__Goal of the exercise__
What is needed here is an exact transcription of the entries that follow.

Data excerpts
════════════════

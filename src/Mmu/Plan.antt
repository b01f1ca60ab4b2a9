-- ===== src/Mmu/Plan.antt =====
-- src/arch/aarch64/mmu/policy.rs, and `apply` and `init` of src/arch/aarch64/mmu/mod.rs: a plan of named
-- regions with permissions is checked for overlaps and mapped, and then the rest of the arena.
pub mod Apart
pub mod Ends
pub mod Mapped
pub mod Loop
pub mod Gap
pub mod Clear
pub mod Clash
pub mod Promise
pub mod Apply
pub mod Boot
pub mod Cause
pub mod Protected
use Prim.Native.String.{String}
use zheos.Common.{ℕ, Option, none, some, List, [], ◌∷◌, map, Bool, true, false, ◌&&◌, ltb}
use zheos.Mm.Region
use zheos.Mm.Region.{Region}
use zheos.Mm.PageRange
use zheos.Mm.PageRange.{PageRange}
use zheos.Mm.Gaps.{gaps}
use zheos.Mm.Image
use zheos.Mm.Image.{Symbols}
use zheos.Mmu.Descriptor
use zheos.Mmu.Descriptor.{Descriptor}
use zheos.Mmu.Table.{Alloc, State, Result, MapError, identity_map}
use zheos.Mmu.Table
use zheos.Mmu.Control
use zheos.Mmu.Control.{Instruction}

pub record Mapping : Type 0 where
  pub name : String
  pub region : Region
  pub template : Option Descriptor

pub data PlanError : Type 0 where
  no_table : PlanError
  failed : String → MapError → PlanError
  overlap : String → String → PlanError

-- A result of `apply` or of `init` with the state behind it, or none within the fuel.
pub data Applied (S A : Type 0) : Type 0 where
  applied : A → S → Applied S A
  refused : PlanError → S → Applied S A
  stuck : Applied S A

abbrev pub bind : {S A B : Type 0} → Applied S A → (A → S → Applied S B) → Applied S B
bind (applied a s) f = f a s
bind (refused e s) f = refused e s
bind stuck f = stuck

-- `map_err` with the name of a region.
abbrev pub named : {S A : Type 0} → String → Result S A → Applied S A
named name (Table.done a s) = applied a s
named name (Table.failed e s) = refused (failed name e) s
named name Table.stuck = stuck

abbrev pub overlaps : Mapping → Mapping → Bool
overlaps one other =
    ltb one.region.base (Region.end other.region) && ltb other.region.base (Region.end one.region)

-- The loop over the mappings behind `one`.
unfoldable pub overlap_behind : Mapping → List Mapping → Option PlanError
overlap_behind one [] = none
overlap_behind one (other ∷ plan) = elim (overlaps one other) [
  | true ↦ some (overlap one.name other.name)
  | false ↦ overlap_behind one plan
]

unfoldable pub first_overlap : List Mapping → Option PlanError
unfolding overlap_behind
first_overlap [] = none
first_overlap (one ∷ plan) = elim (overlap_behind one plan) [
  | some e ↦ some e
  | none ↦ first_overlap plan
]

abbrev pub plan_of : Symbols → Region → List Mapping
plan_of image dtb =
    record {
      name = "text and vectors";
      region = Image.executable image;
      template = some Descriptor.executable;
    }
    ∷ record { name = "rodata"; region = Image.rodata image; template = some Descriptor.read_only }
    ∷ record {
      name = "data and bss";
      region = Image.writable_data image;
      template = some Descriptor.writable;
    }
    ∷ record { name = "stack guard"; region = Image.stack_guard image; template = none }
    ∷ record { name = "stack"; region = Image.stack image; template = some Descriptor.writable }
    ∷ record { name = "device tree"; region = dtb; template = some Descriptor.read_only }
    ∷ []

-- `ok_or` of `Table::new`.
abbrev pub with_table : {S A : Type 0} → Result S A → Applied S A
with_table (Table.done a s) = applied a s
with_table (Table.failed e s) = refused no_table s
with_table Table.stuck = stuck

module _ {H : Type 0} (alloc_layout : Alloc H) (fuel : ℕ) where
  -- The mappings of the plan that have a template.
  unfoldable pub map_plan : State H → ℕ → List Mapping → Applied (State H) (Unit {0})
  map_plan s t [] = applied tt s
  map_plan s t (m ∷ plan) = elim m.template [
    | none ↦ map_plan s t plan
    | some template ↦
        bind (named m.name (identity_map alloc_layout fuel s t m.region template))
          λ _ s'. map_plan s' t plan
  ]

  unfoldable pub map_gaps : State H → ℕ → List PageRange → Descriptor → Applied (State H) (Unit {0})
  map_gaps s t [] fill = applied tt s
  map_gaps s t (gap ∷ rest) fill =
      bind
        (named "unclaimed memory" (identity_map alloc_layout fuel s t (PageRange.region gap) fill))
        λ _ s'. map_gaps s' t rest fill

  unfoldable pub apply :
      State H → ℕ → Region → List Mapping → Descriptor → Applied (State H) (Unit {0})
  unfolding first_overlap map_plan map_gaps
  apply s t arena plan fill = elim (first_overlap plan) [
    | some e ↦ refused e s
    | none ↦
        bind (map_plan s t plan) λ _ s'. map_gaps s' t (gaps arena (map (λ m. m.region) plan)) fill
  ]

  -- `init`, with the symbols of the image and what `read_sctlr_el1` reads.
  unfoldable pub init :
      State H → Symbols → Region → Region → ℕ → Applied (State H) (List Instruction)
  unfolding apply Control.init
  init s image memory dtb sctlr =
      let devices : Region = record { base = 0; size = memory.base } in
      bind (with_table (Table.new alloc_layout s)) λ t s1.
        bind (apply s1 t memory (plan_of image dtb) Descriptor.normal_block) λ _ s2.
          bind (apply s2 t devices [] Descriptor.device_block)
            λ _ s3. applied (Control.init t sctlr) s3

════════════════

__Output of the task__
filename src/Mmu/Plan.antt
repository b01f1ca60ab4b2a9
-- ===== src/Mmu/Plan.antt =====
-- src/arch/aarch64/mmu/policy.rs, and `apply` and `init` of src/arch/aarch64/mmu/mod.rs: a plan of named
-- regions with permissions is checked for overlaps and mapped, and then the rest of the arena.
pub mod Apart
pub mod Ends
pub mod Mapped
pub mod Loop
pub mod Gap
pub mod Clear
pub mod Clash
pub mod Promise
pub mod Apply
pub mod Boot
pub mod Cause
pub mod Protected
use Prim.Native.String.{String}
use zheos.Common.{ℕ, Option, none, some, List, [], ◌∷◌, map, Bool, true, false, ◌&&◌, ltb}
use zheos.Mm.Region
use zheos.Mm.Region.{Region}
use zheos.Mm.PageRange
use zheos.Mm.PageRange.{PageRange}
use zheos.Mm.Gaps.{gaps}
use zheos.Mm.Image
use zheos.Mm.Image.{Symbols}
use zheos.Mmu.Descriptor
use zheos.Mmu.Descriptor.{Descriptor}
use zheos.Mmu.Table.{Alloc, State, Result, MapError, identity_map}
use zheos.Mmu.Table
use zheos.Mmu.Control
use zheos.Mmu.Control.{Instruction}

pub record Mapping : Type 0 where
  pub name : String
  pub region : Region
  pub template : Option Descriptor

pub data PlanError : Type 0 where
  no_table : PlanError
  failed : String → MapError → PlanError
  overlap : String → String → PlanError

-- A result of `apply` or of `init` with the state behind it, or none within the fuel.
pub data Applied (S A : Type 0) : Type 0 where
  applied : A → S → Applied S A
  refused : PlanError → S → Applied S A
  stuck : Applied S A

abbrev pub bind : {S A B : Type 0} → Applied S A → (A → S → Applied S B) → Applied S B
bind (applied a s) f = f a s
bind (refused e s) f = refused e s
bind stuck f = stuck

-- `map_err` with the name of a region.
abbrev pub named : {S A : Type 0} → String → Result S A → Applied S A
named name (Table.done a s) = applied a s
named name (Table.failed e s) = refused (failed name e) s
named name Table.stuck = stuck

abbrev pub overlaps : Mapping → Mapping → Bool
overlaps one other =
    ltb one.region.base (Region.end other.region) && ltb other.region.base (Region.end one.region)

-- The loop over the mappings behind `one`.
unfoldable pub overlap_behind : Mapping → List Mapping → Option PlanError
overlap_behind one [] = none
overlap_behind one (other ∷ plan) = elim (overlaps one other) [
  | true ↦ some (overlap one.name other.name)
  | false ↦ overlap_behind one plan
]

unfoldable pub first_overlap : List Mapping → Option PlanError
unfolding overlap_behind
first_overlap [] = none
first_overlap (one ∷ plan) = elim (overlap_behind one plan) [
  | some e ↦ some e
  | none ↦ first_overlap plan
]

abbrev pub plan_of : Symbols → Region → List Mapping
plan_of image dtb =
    record {
      name = "text and vectors";
      region = Image.executable image;
      template = some Descriptor.executable;
    }
    ∷ record { name = "rodata"; region = Image.rodata image; template = some Descriptor.read_only }
    ∷ record {
      name = "data and bss";
      region = Image.writable_data image;
      template = some Descriptor.writable;
    }
    ∷ record { name = "stack guard"; region = Image.stack_guard image; template = none }
    ∷ record { name = "stack"; region = Image.stack image; template = some Descriptor.writable }
    ∷ record { name = "device tree"; region = dtb; template = some Descriptor.read_only }
    ∷ []

-- `ok_or` of `Table::new`.
abbrev pub with_table : {S A : Type 0} → Result S A → Applied S A
with_table (Table.done a s) = applied a s
with_table (Table.failed e s) = refused no_table s
with_table Table.stuck = stuck

module _ {H : Type 0} (alloc_layout : Alloc H) (fuel : ℕ) where
  -- The mappings of the plan that have a template.
  unfoldable pub map_plan : State H → ℕ → List Mapping → Applied (State H) (Unit {0})
  map_plan s t [] = applied tt s
  map_plan s t (m ∷ plan) = elim m.template [
    | none ↦ map_plan s t plan
    | some template ↦
        bind (named m.name (identity_map alloc_layout fuel s t m.region template))
          λ _ s'. map_plan s' t plan
  ]

  unfoldable pub map_gaps : State H → ℕ → List PageRange → Descriptor → Applied (State H) (Unit {0})
  map_gaps s t [] fill = applied tt s
  map_gaps s t (gap ∷ rest) fill =
      bind
        (named "unclaimed memory" (identity_map alloc_layout fuel s t (PageRange.region gap) fill))
        λ _ s'. map_gaps s' t rest fill

  unfoldable pub apply :
      State H → ℕ → Region → List Mapping → Descriptor → Applied (State H) (Unit {0})
  unfolding first_overlap map_plan map_gaps
  apply s t arena plan fill = elim (first_overlap plan) [
    | some e ↦ refused e s
    | none ↦
        bind (map_plan s t plan) λ _ s'. map_gaps s' t (gaps arena (map (λ m. m.region) plan)) fill
  ]

  -- `init`, with the symbols of the image and what `read_sctlr_el1` reads.
  unfoldable pub init :
      State H → Symbols → Region → Region → ℕ → Applied (State H) (List Instruction)
  unfolding apply Control.init
  init s image memory dtb sctlr =
      let devices : Region = record { base = 0; size = memory.base } in
      bind (with_table (Table.new alloc_layout s)) λ t s1.
        bind (apply s1 t memory (plan_of image dtb) Descriptor.normal_block) λ _ s2.
          bind (apply s2 t devices [] Descriptor.device_block)
            λ _ s3. applied (Control.init t sctlr) s3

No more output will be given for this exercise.